In the production method of this embodiment, the amorphous arrangement of the particle models 11 that make up the outer layer 21 is maintained, so that the outer surface of the filler can be expressed more appropriately as in the previous embodiments. A filler model 10 can be created. Furthermore, in the creation method of this embodiment, while suppressing a decrease in the strength of the entire filler model 10, since it is possible to reduce the filling rate of the particle model 11 inside the filler model 10, in the simulation method described later, the particle model to be calculated 11 can be reduced. Therefore, the creation method of this embodiment makes it possible to shorten the calculation time while maintaining the calculation accuracy in the simulation method (molecular dynamics calculation) described later.

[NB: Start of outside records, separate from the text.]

-- ===== src/Agentapi/Jobs/Shrink/Reduction.antt =====
-- A reduced scenario against its original (agentapi/jobs.go).
use deadlocker.Base.{
  ℕ, zero, suc, ◌+◌, ◌≤◌, ◌<◌, ◌≡◌, refl, sym, ap, ◌∙◌, ltb, ◌==◌, Bool, true, false, ◌&&◌, Option,
  none, some, List, [], ◌∷◌, Bytes, length, length-append, get_elem?, map, All, Bool-cases, inl,
  inr, arith,
}
use deadlocker.Casedef.Types.{Case, Step}
use deadlocker.Casedef.Validate.{validate, validate_steps, validate_actors, fill_step}
use deadlocker.Agentapi.Jobs.{Jobs}
use deadlocker.Agentapi.Jobs.Play.{Runs}
use deadlocker.Agentapi.Jobs.Shrink.{
  remove_at, with_steps, Shrinking, goes_on, take_if, try_candidate, try_without, sweep_down,
  reduce_rounds, reduce, upto, begin_shrink,
}

-- A step but for its label, which validating may fill in.
abbrev pub unlabelled : Step → Step
unlabelled s = record s { label = [] }

abbrev pub statements : List Step → List (Option Step)
statements = map (λ s. some (unlabelled s))

-- The steps of the original at these places.
abbrev pub places : List Step → List ℕ → List (Option Step)
places steps = map (get_elem? (map unlabelled steps))

abbrev pub IsAscending : List ℕ → Type 0
IsAscending [] = Unit
IsAscending (k ∷ ks) = All (λ (j : ℕ). k < j) ks × IsAscending ks

-- What is left is the original's steps at the places kept, in their order, and is not nothing; every
-- step is kept or removed; the attempts are within their bound.
pub record IsReduction {W : Type 0} (base : Case) (st : Shrinking W) : Type 0 where
  pub same_steps : statements st.current.steps ≡ places base.steps st.kept
  pub ascending : IsAscending st.kept
  pub some_step : 1 ≤ length st.current.steps
  pub all_counted : length st.removed + length st.current.steps ≡ length base.steps
  pub bounded : st.attempts ≤ 80

pub length-remove_at {ℓ} :
    {A : Type ℓ} (i : ℕ) (xs : List A) → i < length xs → length (remove_at i xs) + 1 ≡ length xs
unfolding remove_at
length-remove_at i [] h = absurd (omega arith)
length-remove_at zero (x ∷ xs) h = omega arith
length-remove_at (suc i) (x ∷ xs) h = omega (arith, length-remove_at i xs (omega arith))

map-remove_at :
    {A B : Type 0} (f : A → B) (i : ℕ) (xs : List A)
    → map f (remove_at i xs) ≡ remove_at i (map f xs)
unfolding remove_at
map-remove_at f i [] = refl
map-remove_at f zero (x ∷ xs) = refl
map-remove_at f (suc i) (x ∷ xs) = ap (◌∷◌ (f x)) (map-remove_at f i xs)

All-remove_at : (P : ℕ → Type 0) (i : ℕ) (xs : List ℕ) → All P xs → All P (remove_at i xs)
unfolding remove_at
All-remove_at P i [] h = tt
All-remove_at P zero (x ∷ xs) (p, ps) = ps
All-remove_at P (suc i) (x ∷ xs) (p, ps) = (p, All-remove_at P i xs ps)

remove_at-IsAscending : (i : ℕ) (ks : List ℕ) → IsAscending ks → IsAscending (remove_at i ks)
unfolding remove_at
remove_at-IsAscending i [] h = tt
remove_at-IsAscending zero (k ∷ ks) (above, h) = h
remove_at-IsAscending (suc i) (k ∷ ks) (above, h) =
    (All-remove_at _ i ks above, remove_at-IsAscending i ks h)

statements-validate_steps :
    (seen : List Bytes) (i : ℕ) (steps : List Step)
    → statements (validate_steps seen i steps).0 ≡ statements steps
unfolding validate_steps fill_step
statements-validate_steps seen i [] = refl
statements-validate_steps seen i (s ∷ rest) =
    ap (◌∷◌ (some (unlabelled s))) (statements-validate_steps seen (i + 1) rest)

length-validate_steps :
    (seen : List Bytes) (i : ℕ) (steps : List Step)
    → length (validate_steps seen i steps).0 ≡ length steps
unfolding validate_steps
length-validate_steps seen i [] = refl
length-validate_steps seen i (s ∷ rest) = ap suc (length-validate_steps seen (i + 1) rest)

-- Validating leaves the statements alone.
statements-validate :
    (c : Case) (steps : List Step)
    → statements (validate (with_steps c steps)).0.steps ≡ statements steps
unfolding validate with_steps
statements-validate c steps = statements-validate_steps (validate_actors 0 [] c.actors).1 0 steps

pub length-validate :
    (c : Case) (steps : List Step) → length (validate (with_steps c steps)).0.steps ≡ length steps
unfolding validate with_steps
length-validate c steps = length-validate_steps (validate_actors 0 [] c.actors).1 0 steps

places-upto :
    (x : Step) (xs : List Step) (first n : ℕ)
    → places (x ∷ xs) (upto (suc first) n) ≡ places xs (upto first n)
unfolding upto
places-upto x xs first zero = refl
places-upto x xs first (suc n) =
    ap (◌∷◌ (get_elem? (map unlabelled xs) first)) (places-upto x xs (suc first) n)

all_places : (steps : List Step) → statements steps ≡ places steps (upto 0 (length steps))
unfolding upto
all_places [] = refl
all_places (s ∷ rest) =
    ap (◌∷◌ (some (unlabelled s))) (all_places rest ∙ sym (places-upto s rest 0 (length rest)))

upto-above : (k first n : ℕ) → k < first → All (λ (j : ℕ). k < j) (upto first n)
unfolding upto
upto-above k first zero h = tt
upto-above k first (suc n) h = (h, upto-above k (suc first) n (omega arith))

upto-IsAscending : (first n : ℕ) → IsAscending (upto first n)
unfolding upto
upto-IsAscending first zero = tt
upto-IsAscending first (suc n) =
    (upto-above first (suc first) n (omega arith), upto-IsAscending (suc first) n)

module _ {W R : Type 0} (runs : Runs W R) (base : Case) (id target : Bytes) where
  take_if-IsReduction :
      (i : ℕ) (st : Shrinking W) (reply : Option Bool)
      → i < length st.current.steps
      → 1 ≤ length (remove_at i st.current.steps)
      → IsReduction base st
      → IsReduction base
          (take_if i (validate (with_steps st.current (remove_at i st.current.steps))).0 st reply)
  unfolding take_if
  take_if-IsReduction i st none lt some_left r = r
  take_if-IsReduction i st (some false) lt some_left r = r
  take_if-IsReduction i st (some true) lt some_left r =
      let steps = remove_at i st.current.steps in
      let n = length-validate st.current steps in
      record {
        same_steps =
            statements-validate st.current steps
            ∙ map-remove_at (λ s. some (unlabelled s)) i st.current.steps
            ∙ ap (remove_at i) r.same_steps
            ∙ sym (map-remove_at (get_elem? (map unlabelled base.steps)) i st.kept);
        ascending = remove_at-IsAscending i st.kept r.ascending;
        some_step = omega (arith, n);
        all_counted = omega (
          arith,
          n,
          r.all_counted,
          length-remove_at i st.current.steps lt,
          length-append st.removed (_ ∷ []),
        );
        bounded = r.bounded;
      }

  length-take_if :
      (i : ℕ) (st : Shrinking W) (reply : Option Bool)
      → i < length st.current.steps
      → let c = (validate (with_steps st.current (remove_at i st.current.steps))).0 in
        length st.current.steps ≤ length (take_if i c st reply).current.steps + 1
  unfolding take_if
  length-take_if i st none lt = omega arith
  length-take_if i st (some false) lt = omega arith
  length-take_if i st (some true) lt = omega (
    arith,
    length-validate st.current (remove_at i st.current.steps),
    length-remove_at i st.current.steps lt,
  )

  try_without-IsReduction :
      (i : ℕ) (st : Shrinking W)
      → i < length st.current.steps
      → goes_on runs st ≡ true
      → IsReduction base st
      → IsReduction base (try_without runs id target i st)
  unfolding try_without try_candidate goes_on
  try_without-IsReduction i st lt on r =
      let steps = remove_at i st.current.steps in
      let (candidate, problems) = validate (with_steps st.current steps) in
      elim (Bool-cases (ltb 0 (length steps) && (length problems == 0))) [
        | inl runs_it ↦
            rw (runs_it, try_without)
              (take_if-IsReduction i _ _ lt (ground arith) (record {
                same_steps = r.same_steps;
                ascending = r.ascending;
                some_step = r.some_step;
                all_counted = r.all_counted;
                bounded = ground (arith, r.bounded);
              }))
        | inr passed ↦ rw (passed, try_without) r
      ]

  pub length-try_without :
      (i : ℕ) (st : Shrinking W)
      → i < length st.current.steps
      → length st.current.steps ≤ length (try_without runs id target i st).current.steps + 1
  unfolding try_without try_candidate
  length-try_without i st lt =
      let steps = remove_at i st.current.steps in
      let (candidate, problems) = validate (with_steps st.current steps) in
      elim (Bool-cases (ltb 0 (length steps) && (length problems == 0))) [
        | inl runs_it ↦ rw (runs_it, try_without) (length-take_if i _ _ lt)
        | inr passed ↦ rw (passed, try_without) (omega arith)
      ]

  sweep_down-IsReduction :
      (i : ℕ) (st : Shrinking W)
      → i ≤ length st.current.steps
      → IsReduction base st
      → IsReduction base (sweep_down runs id target i st)
  unfolding sweep_down
  sweep_down-IsReduction zero st le r = r
  sweep_down-IsReduction (suc i) st le r = elim (Bool-cases (goes_on runs st)) [
    | inl on ↦
        rw (on, sweep_down)
          (sweep_down-IsReduction i (try_without runs id target i st)
            (omega (arith, length-try_without i st le)) (try_without-IsReduction i st le on r))
    | inr off ↦ rw (off, sweep_down) r
  ]

  rounds-IsReduction :
      (fuel : ℕ) (st : Shrinking W)
      → IsReduction base st
      → IsReduction base (reduce_rounds runs id target fuel st)
  unfolding reduce_rounds
  rounds-IsReduction zero st r = r
  rounds-IsReduction (suc fuel) st r = elim (Bool-cases (st.changed && goes_on runs st)) [
    | inl on ↦
        rw (on, reduce_rounds)
          (rounds-IsReduction fuel _ (
            sweep_down-IsReduction (length st.current.steps) (record st { changed = false })
              (omega arith)
              (record {
                same_steps = r.same_steps;
                ascending = r.ascending;
                some_step = r.some_step;
                all_counted = r.all_counted;
                bounded = r.bounded;
              })))
    | inr off ↦ rw (off, reduce_rounds) r
  ]

  -- Reducing a scenario that has steps leaves at least one of them: the steps that are left are the
  -- original's steps at the places that the code says it kept, in their original order and, but for their
  -- labels, unchanged; every step of the original is either left or counted as removed; and at most 80
  -- attempts were made.
  pub reduce-IsReduction :
      (jobs : Jobs) (w : W)
      → 1 ≤ length base.steps
      → IsReduction base (reduce runs id target (begin_shrink base jobs w))
  unfolding reduce begin_shrink
  reduce-IsReduction jobs w some_step = rounds-IsReduction (length base.steps + 1) _ (record {
    same_steps = all_places base.steps;
    ascending = upto-IsAscending 0 (length base.steps);
    some_step = some_step;
    all_counted = omega arith;
    bounded = omega arith;
  })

In this embodiment, for the crystal structure filled inside the filler model 10, the adjacent particle models 11 may be connected by the binding chain model 8 (shown in FIGS. 7(d) and 9). Furthermore, the particle model 11 that constitutes the crystal structure and the particle model 11 that constitutes the outer layer 21 may be connected by the binding chain model 8 . Thereby, the number of the particle models 11 inside the filler model 10 can be reduced while suppressing a decrease in the strength of the filler model 10 .

Next, a method of simulating a polymeric material using the filler model 10 obtained by the above-described creation method will be described. In this simulation method, a computer 1 is used to calculate the performance of a polymer material containing fillers and polymer components.

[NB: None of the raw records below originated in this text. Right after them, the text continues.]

-- ===== src/Agentapi/Jobs/Shrink/Handler.antt =====
-- The analysis that reduces a scenario, from its start to its result (agentapi/jobs.go).
use deadlocker.Base.{
  ℕ, ◌+◌, ltb, ◌==◌, Bool, true, false, ◌||◌, Option, none, some, List, [], ◌∷◌, ◌++◌, Bytes,
  length, bytes_eq, str, decimal, trim_space, ◌⊎◌, inl, inr, text_before, sort_by, if◌then◌else◌,
}
use deadlocker.Casedef.Types.{Case, Step, Actor}
use deadlocker.Agentapi.Jobs.{
  Job, Jobs, JobKind, ShrinkStep, ShrinkResult, running, done, failed, cancelled, put, update,
}
use deadlocker.Agentapi.Jobs.Play.{Runs, Counts, play_all, outcome_of_run}
use deadlocker.Agentapi.Jobs.Shrink.{Shrinking, reduce, begin_shrink}

-- What the handlers that start an analysis put into the registry.
unfoldable pub new_job : Bytes → JobKind → Case → ℕ → Bytes → Job
new_job id kind base now progress = record {
  id = id;
  kind = kind;
  scenario_id = base.id;
  name = base.name;
  status = running;
  progress = progress;
  started = now;
  ended = none;
  error = [];
  matrix = none;
  shrink = none;
  cancel = none;
}

unfoldable pub start_shrink : Jobs → Bytes → Case → ℕ → Jobs
start_shrink jobs id base now =
    put jobs (new_job id JobKind.shrink base now (str "measuring the original"))

unfoldable pub set_cancel : ℕ → Job → Job
set_cancel ctx job = record job { cancel = some ctx }

unfoldable pub fail_job : Bytes → ℕ → Job → Job
fail_job error now job = record job { status = failed; ended = some now; error = error }

-- The outcome to preserve, if there is one.
unfoldable pub target_of : Counts → Option Bytes
target_of (deadlocks, timeouts, blocked) =
    if ltb 0 deadlocks
    then some (str "deadlock")
    else if ltb 0 timeouts
    then some (str "timeout")
    else if ltb 0 blocked
    then some (str "blocks")
    else none

unfoldable pub nothing_to_reduce : Case → ℕ → Job → Job
nothing_to_reduce base now job = record job {
  status = done;
  ended = some now;
  progress = str "nothing to reduce";
  shrink = some (record {
    scenario_id = base.id;
    name = base.name;
    target = [];
    original = length base.steps;
    minimal = length base.steps;
    removed_labels = [];
    steps = [];
    yaml = [];
    attempts = 0;
    note =
        str
          "This scenario neither blocks nor deadlocks, so there is no behaviour to preserve while removing steps.";
  });
}

unfoldable pub has_place : List ℕ → ℕ → Bool
has_place [] i = false
has_place (k ∷ ks) i = k == i || has_place ks i

-- The map of accents: the last actor with an id gives its accent.
unfoldable pub accent_of : List Actor → Bytes → Bytes → Bytes
accent_of [] id found = found
accent_of (a ∷ rest) id found = accent_of rest id (if bytes_eq a.id id then a.accent else found)

unfoldable pub mark_steps : List Actor → List ℕ → ℕ → List Step → List ShrinkStep
mark_steps actors kept i [] = []
mark_steps actors kept i (s ∷ rest) =
    record {
      index = i + 1;
      actor = s.actor;
      accent = accent_of actors s.actor [];
      label = s.label;
      sql = trim_space s.sql;
      expect = s.expect;
      kept = has_place kept i;
    }
    ∷ mark_steps actors kept (i + 1) rest

unfoldable pub reduction_note : ℕ → ℕ → Bytes → Bytes
reduction_note original minimal target =
    if minimal == original
    then str "Every step turned out to be necessary: removing any one of them stops the "
      ++ target
      ++ str " from happening."
    else str "Reduced from "
      ++ decimal original
      ++ str " steps to "
      ++ decimal minimal
      ++ str " while still producing a "
      ++ target
      ++ str "."

unfoldable pub or_nothing : Option Bytes → Bytes
or_nothing none = []
or_nothing (some text) = text

unfoldable pub finish_shrink : Bool → ShrinkResult → ℕ → Job → Job
finish_shrink aborted res now job = record job {
  status = if aborted then cancelled else done;
  progress =
      if aborted
      then str "stopped after " ++ decimal res.attempts ++ str " attempt(s)"
      else str "finished";
  ended = some now;
  shrink = some res;
}

-- `marshal` is `casedef.Marshal`, which prints YAML; `none` is its error.
module _ {W R : Type 0} (runs : Runs W R) (marshal : Case → Option Bytes) where
  unfoldable pub shrink_result : Case → Bytes → Shrinking W → ShrinkResult
  shrink_result base target st = record {
    scenario_id = base.id;
    name = base.name;
    target = target;
    original = length base.steps;
    minimal = length st.current.steps;
    removed_labels = sort_by text_before st.removed;
    steps = mark_steps base.actors st.kept 0 base.steps;
    yaml = or_nothing (marshal (record (st.current) { id = []; path = [] }));
    attempts = st.attempts;
    note = reduction_note (length base.steps) (length st.current.steps) target;
  }

  -- From the loops on. The last component is the summary of the activity that is published.
  unfoldable pub reduce_to : Bytes → Case → Jobs → W → Bytes → Jobs × W × Option Bytes
  reduce_to id base jobs w target =
      let st = reduce runs id target (begin_shrink base jobs w) in
      let res = shrink_result base target st in
      let aborted = runs.is_cancelled st.world in
      (
        update st.jobs id (finish_shrink aborted res (runs.now st.world)),
        st.world,
        some ((if aborted then str "shrink aborted: " else []) ++ res.note),
      )

  unfoldable pub with_target : Bytes → Case → Jobs → W → Option Bytes → Jobs × W × Option Bytes
  with_target id base jobs w none = (update jobs id (nothing_to_reduce base (runs.now w)), w, none)
  with_target id base jobs w (some target) = reduce_to id base jobs w target

  unfoldable pub probe_started : Bytes → Case → Jobs → W → Bytes ⊎ R → Jobs × W × Option Bytes
  probe_started id base jobs w (inl error) = (update jobs id (fail_job error (runs.now w)), w, none)
  probe_started id base jobs w (inr r) =
      let w1 = (play_all runs 180000 r w).0 in
      let found = outcome_of_run (runs.steps w1 r) (0, 0, 0) in
      with_target id base jobs (runs.close_run w1 r) (target_of found)

  -- Without a target, a run of the original gives it.
  unfoldable pub probe : Bytes → Case → Jobs → W → Jobs × W × Option Bytes
  probe id base jobs w =
      let (w1, started) = runs.start w (record base { ephemeral = true }) in
      probe_started id base jobs w1 started

  unfoldable pub run_shrink : Bytes → Case → Bytes → ℕ → Jobs → W → Jobs × W × Option Bytes
  run_shrink id base target ctx jobs w =
      let jobs1 = update jobs id (set_cancel ctx) in
      if bytes_eq target [] then probe id base jobs1 w else reduce_to id base jobs1 w target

Polymer components include, for example, natural rubber, synthetic rubber and resins. Examples of the polymer component of the present embodiment include cis-1,4 polybutadiene (hereinafter sometimes simply referred to as "polybutadiene"). FIG. 12 is the structural formula of polybutadiene.

The molecular chain 12 constituting polybutadiene is composed of a monomer 13 {-[CH ₂ -CH=CH-CH ₂ ]-} consisting of a methylene group (-CH ₂ -) and a methine group (-CH-). It is configured by connecting with Moreover, instead of the methylene group (--CH ₂ ), a methyl group (--CH ₃ ) is connected to the end of the polymer material. In addition, materials other than polybutadiene may be used as the polymer component. Moreover, the above-mentioned thing is employ|adopted as a filler. FIG. 13 is a flow chart showing an example of a processing procedure of a polymeric material simulation method.

In the simulation method of this embodiment, first, a cell, which is a virtual space corresponding to a portion of a polymer material (not shown), is input to the computer 1 (step S11). FIG. 14 is a conceptual diagram showing an example of a polymer material model. FIG. 14 shows only a part of the molecular chain model 15 as a representative.

The cell 14 is a calculation target area in the molecular dynamics calculation described later. The cell 14 of this embodiment is set in the same way as the virtual space 6 shown in FIG. At least one filler model 10 and a plurality of molecular chain models 15 are placed inside the cell 14 .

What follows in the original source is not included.